**TASK GOAL**
In the records below, count the lines that have "IsDistinct" and answer with the number alone.

┌──

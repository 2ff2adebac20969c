-- ===== src/Tests/Postgres.antt =====
-- Execution and introspection with a driver and a catalog that answer from the text.
use querylynx.Base.{true, none, List, [], ◌∷◌, ◌≡◌, refl, ok, Result}
use querylynx.Base.Int.{pos}
use querylynx.Strings.{Text, codes}
use querylynx.Strings.Names.{IsDistinct}
use querylynx.Context.{background}
use querylynx.Connector.{shown, null}
use querylynx.Schema.{Schema, Column, table_names}
use querylynx.Postgres.Session.{Driver, nil, bytes, execute}
use querylynx.Postgres.Session.Calls.{IsReadOnlyRun, recorded_run, execute-IsReadOnlyRun}
use querylynx.Postgres.Catalog.{Catalog, Listing, ColumnRow}
use querylynx.Postgres.Introspection.Whole.{IsSound, introspect-IsSound}
use querylynx.Postgres.Introspection.{introspect, Tables, introspect_columns}
use querylynx.Postgres.Introspection.Columns.{columns_of, listed_columns}
use querylynx.Postgres.Introspection.Grouping.{Listed, introspect_columns-Groups}
use querylynx.Tests.Running.{run_postgres}

abbrev driver : Driver Unit
driver = record {
  begin_tx = λ ctx access w. (none, w);
  exec = λ ctx q w. (none, w);
  query = λ ctx q w. (
    ok (record {
      columns = codes "n" ∷ [];
      rows = ok (nil ∷ []) ∷ ok (bytes (codes "x") ∷ []) ∷ [];
      ended = none;
    }),
    w,
  );
  rollback = λ ctx w. w;
}

execute_rows :
    (execute driver background tt (codes "SELECT n FROM t")).0
    ≡ ok (record { columns = codes "n" ∷ []; rows = (null ∷ []) ∷ (shown (codes "x") ∷ []) ∷ [] })
unfolding run_postgres
execute_rows = refl

execute-IsReadOnlyRun_example :
    IsReadOnlyRun background
      (codes "SELECT n FROM t")
      (recorded_run driver background tt (codes "SELECT n FROM t")).0
      (recorded_run driver background tt (codes "SELECT n FROM t")).1.1
    × (execute driver background tt (codes "SELECT n FROM t") ≡ (
      (recorded_run driver background tt (codes "SELECT n FROM t")).0,
      (recorded_run driver background tt (codes "SELECT n FROM t")).1.0,
    ))
execute-IsReadOnlyRun_example = execute-IsReadOnlyRun driver background tt (codes "SELECT n FROM t")

abbrev column : Text → Column
column name = record { name = name; data_type = codes "text"; nullable = true; sample_values = [] }

abbrev column_rows : List ColumnRow
column_rows =
    record { table = codes "a"; column = column (codes "x") }
    ∷ record { table = codes "b"; column = column (codes "y") }
    ∷ record { table = codes "a"; column = column (codes "z") }
    ∷ []

abbrev listing : {A : Type 0} → List (Result Text A) → Listing A
listing rows = record { rows = rows; ended = none }

abbrev catalog : Catalog Unit
catalog = record {
  current_database = λ ctx w. (ok (codes "d"), w);
  columns = λ ctx w. (
    ok (
        listing (
          ok (record { table = codes "a"; column = column (codes "x") })
          ∷ ok (record { table = codes "b"; column = column (codes "y") })
          ∷ ok (record { table = codes "a"; column = column (codes "z") })
          ∷ [])),
    w,
  );
  foreign_keys = λ ctx w. (ok (listing []), w);
  count = λ ctx table w. (ok (pos 7), w);
  samples = λ ctx table column w. (
    ok (
        listing (
          ok (codes "1")
          ∷ ok (codes "2")
          ∷ ok (codes "3")
          ∷ ok (codes "4")
          ∷ ok (codes "5")
          ∷ ok (codes "6")
          ∷ [])),
    w,
  );
}

abbrev both : Tables
both = record {
  tables =
      record {
        name = codes "a";
        columns = column (codes "x") ∷ column (codes "z") ∷ [];
        row_count = pos 0;
        foreign_keys = [];
      }
      ∷ record {
        name = codes "b";
        columns = column (codes "y") ∷ [];
        row_count = pos 0;
        foreign_keys = [];
      }
      ∷ [];
  idx = (codes "b", 1) ∷ (codes "a", 0) ∷ [];
}

introspect_columns_pair : (introspect_columns catalog background tt).0 ≡ ok both
unfolding run_postgres
introspect_columns_pair = refl

introspect_columns-Groups_example :
    (found : List ColumnRow) × Listed (catalog.columns background tt).0 found
    × IsDistinct (table_names both.tables)
    × ((u : Text) → columns_of u both.tables ≡ listed_columns u found)
introspect_columns-Groups_example =
    introspect_columns-Groups catalog background tt introspect_columns_pair

abbrev first_five : List Text
first_five = codes "1" ∷ codes "2" ∷ codes "3" ∷ codes "4" ∷ codes "5" ∷ []

-- The schema of the catalog: two tables of seven rows.
abbrev sampled : Text → Column
sampled name = record {
  name = name;
  data_type = codes "text";
  nullable = true;
  sample_values = first_five;
}

abbrev described : Schema
described = record {
  database_name = codes "d";
  tables =
      record {
        name = codes "a";
        columns = sampled (codes "x") ∷ sampled (codes "z") ∷ [];
        row_count = pos 7;
        foreign_keys = [];
      }
      ∷ record {
        name = codes "b";
        columns = sampled (codes "y") ∷ [];
        row_count = pos 7;
        foreign_keys = [];
      }
      ∷ [];
}

introspect_described : (introspect catalog background tt).0 ≡ ok described
unfolding run_postgres
introspect_described = refl

introspect-IsSound_example : IsSound described
introspect-IsSound_example = introspect-IsSound catalog background tt introspect_described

└──

**SOLUTION TO THE PROBLEM**
2